反应蒸馏过程的非线性分析及其控制

Reactive distillation has attracted most attentions from scholars and engineers at home and abroad and become one of the key problems in the chemical engineering process because of its advantages as well as the potentional applications.In this project we will investigate the dynamics of several classes of typical reactive distillation process.The difference of the different forms of bifurcations as well as the dynamical behaviors of different models will be explored in details, and the dynamical evolutions with the variations of the parameters will be analysized and different types of nonlinear phenomena as well as the bifurcations will be presented to explore the mechanism of the complexity. With the analysis of different forms of quiescent states and the spiking states as well as the possible bifurcation forms related to mathematical models with multiple scales, different forms of oscillations, and specially, bursting oscillations will be presented.
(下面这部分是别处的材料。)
-- ===== src/Reader/Frames.antt =====
-- packet_reader.rs: the parsers on one frame.
use opensrv.Common.{
  ℕ, suc, ◌+◌, ◌*◌, ◌/◌, ◌%◌, ◌^◌, ◌<◌, ◌≡◌, refl, ap, ◌∙◌, [], ◌∷◌, ◌++◌, Bytes, IsByte, length,
  length-append, drop, take-length-append, drop-length-append, arith, ok,
}
use opensrv.Common.Bits.{bit_or-shift}
use opensrv.Deps.Nom.{Nom}
use opensrv.Wire.Frame.{u24_bytes, frame, IsFull}
use opensrv.Reader.{frame_len, onepacket, fullpacket, first_byte}

pub frame_len_lem :
    (b0 b1 b2 : ℕ) → IsByte b0 → IsByte b1 → frame_len b0 b1 b2 ≡ b0 + b1 * 2 ^ 8 + b2 * 2 ^ 16
unfolding frame_len
frame_len_lem b0 b1 b2 h0 h1 =
    rw (bit_or-shift 8 b0 b1 (omega arith)) (bit_or-shift 16 (b0 + b1 * 2 ^ 8) b2 (omega arith))

-- The length that `u24_bytes` writes is the length that is read.
pub frame_len-u24 :
    (n : ℕ) → n < 2 ^ 24 → frame_len (n % 2 ^ 8) (n / 2 ^ 8 % 2 ^ 8) (n / 2 ^ 16 % 2 ^ 8) ≡ n
frame_len-u24 n h = omega (
  arith,
  frame_len_lem (n % 2 ^ 8) (n / 2 ^ 8 % 2 ^ 8) (n / 2 ^ 16 % 2 ^ 8) (omega arith) (omega arith),
)

u24_value :
    (n : ℕ) → n < 2 ^ 24 → n % 2 ^ 8 + n / 2 ^ 8 % 2 ^ 8 * 2 ^ 8 + n / 2 ^ 16 % 2 ^ 8 * 2 ^ 16 ≡ n
u24_value n h = omega arith

pub drop-header :
    (n b0 b1 b2 b3 : ℕ) (tail : Bytes) → drop (4 + n) (b0 ∷ b1 ∷ b2 ∷ b3 ∷ tail) ≡ drop n tail
drop-header n b0 b1 b2 b3 tail =
    let e : 4 + n ≡ suc (suc (suc (suc n))) = omega arith in
    ap (λ k. drop k (b0 ∷ b1 ∷ b2 ∷ b3 ∷ tail)) e

module _ (nom : Nom) where
  take_exact : (xs ys : Bytes) → nom.take_bytes (length xs) (xs ++ ys) ≡ ok (ys, xs)
  take_exact xs ys = rw (
    nom.take_enough (length xs) (xs ++ ys) (omega (arith, length-append xs ys)),
    take-length-append,
    drop-length-append,
  )

  take_one : (b : ℕ) (rest : Bytes) → nom.take_bytes 1 (b ∷ rest) ≡ ok (rest, b ∷ [])
  take_one b rest = take_exact (b ∷ []) rest

  pub le_u24-bytes :
      (n : ℕ) (rest : Bytes) → n < 2 ^ 24 → nom.le_u24 (u24_bytes n ++ rest) ≡ ok (rest, n)
  le_u24-bytes n rest h =
      nom.le_u24_enough (n % 2 ^ 8) (n / 2 ^ 8 % 2 ^ 8) (n / 2 ^ 16 % 2 ^ 8) rest
      ∙ ap (λ k. ok (rest, k)) (u24_value n h)

  full_tag :
      (rest : Bytes)
      → nom.tag (0xff ∷ 0xff ∷ 0xff ∷ []) (0xff ∷ 0xff ∷ 0xff ∷ rest)
        ≡ ok (rest, 0xff ∷ 0xff ∷ 0xff ∷ [])
  full_tag rest = nom.tag_match (0xff ∷ 0xff ∷ 0xff ∷ []) rest

  -- `onepacket` reads back a frame of any length that three bytes hold.
  pub onepacket-frame :
      (seq : ℕ) (payload rest : Bytes)
      → length payload < 2 ^ 24
      → onepacket nom (frame seq payload ++ rest) ≡ ok (rest, (seq, payload))
  unfolding onepacket first_byte
  onepacket-frame seq payload rest h =
      rw (le_u24-bytes (length payload) (seq ∷ (payload ++ rest)) h, onepacket)
        (rw (take_one seq (payload ++ rest)) (rw (take_exact payload rest) refl))

  pub fullpacket-frame :
      (seq : ℕ) (payload rest : Bytes)
      → IsFull payload
      → fullpacket nom (frame seq payload ++ rest) ≡ ok (rest, (seq, payload))
  unfolding fullpacket first_byte
  fullpacket-frame seq payload rest h =
      rw (h, full_tag (seq ∷ (payload ++ rest)), fullpacket)
        (rw (take_one seq (payload ++ rest)) (rw (← h) (rw (take_exact payload rest) refl)))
Bifurcations at the transition between the quiescent states and the spiking will be deternined to investigate the complexity as well as the mechanism with the interactions between different scales. The dynamical characteristics of the reactive distillation systems with different forms of controllers is discussed to optimize the parameters, based on which the controlling scheme are designed. From the three aspects as theoretical analysis, numerical simulations as well as the experiments of the models, the dynamics of the reactive distillation process is investigated to explore the dynamical behaviors as well as the occuring mechanism, which can be used to serve for many aspects related to the process of reactive distillation, such as the development of the process, the experiments, the design of the column as well as the control of the operations.

由于反应蒸馏过程的优势和发展潜力，受到了国内外学者和工程技术人员的广泛关注，成为了当前化工过程的集成化领域的热点课题之一。本项目深入探讨几类典型的反应蒸馏体过程的动态特性，考察不同模型的各种分岔行为及其所导致的动态特性之间的区别，分析反应蒸馏体过程随各种参数变化的动力学演化过程，讨论系统的各种非线性现象及其分岔机制，进而揭示体系各种复杂现象的机理。研究不同尺度耦合体系的各种沉寂态和激发态的形式及其可能相应的分岔模式，给出体系各种振荡尤其是簇发振荡行为，确定快慢转换时的各种分岔特性，揭示不同尺度作用下的复杂性及其产生机制。讨论不同控制模式下几类典型的反应蒸馏体系动态特性，进行相应的优化设计，并设计相应的控制方案，从理论分析、数值计算、模型实验三方面分析反应蒸馏体过程的动态特性，揭示各种动态特性及其相应的产生机制，为反应蒸馏的过程开发、实验研究、工程设计和生产操作及控制等多方面提供理论服务。

具有广泛应用背景的化学蒸馏过程，往往涉及不同时间尺度之间的耦合，导致系统产生非常丰富的动力学特性，受到国内外学者的广泛关注。而由于传统的非线性理论无法直接用来解决不同尺度之间的相互作用，因此，如何深入探讨不同尺度耦合导致的复杂行为及其产生机制成为当前非线动力学性理论及工程应用的热点和前沿课题之一。本项目针对几类典型的化学反应模型，重点考察存在不同尺度耦合时系统的复杂性及其产生机制，进而发展不同尺度耦合系统的非线性动力学理论，为实际工程应用提供理论支撑。本项目的主要内容包括：..（1）.提出了频域两尺度耦合的分析方法，也即当周期激励频率远小于系统的固有频率时，可以将整个周期激励项视为慢变参数，从而得到系统随慢变参数变化的分岔曲线。为揭示随慢变参数的分岔对于系统复杂动力特性的影响规律，提出了广义相图的概念，通过系统随慢变量变化的平衡曲线和系统广义相图的叠加，可以揭示系统不同簇发振荡的产生机制。.（2）.基于快慢动力学分析的基本思想，提出了适用于多慢变量的包络分析法。其基本思想是，将某一慢变量视为分岔参数，分别考察其他慢变量在极值处时的平衡曲线及其分岔特性，从而形成包络线，并将这些包络线与系统振荡轨迹叠加，揭示不同簇发振荡的本质及其产生机制。同时，提出了奇异摄动快慢分析方法，也即在快子系统的分岔点处，通过摄动方法将各慢变量展开，得到在分岔点处各慢变量之间的相互关系，进而将系统转化为单一慢变量问题，以揭示系统的复杂振荡及其产生机制。.（3）.针对几类典型的快慢耦合反应系统，如铂族金属表面内外层反应速率存在量级上的差异，BZ振荡反应中存在不同量级的反应速率等，利用上述的分析方法，得到了诸如Hopf分岔、Cusp等情况下系统的簇发振荡及其分岔机制，并进一步考虑存在周期微扰下系统的复杂动力特性，揭示当周期激励频率远小于系统的固有频率，也即存在频域不同尺度耦合时系统的各种簇发振荡及其产生机制。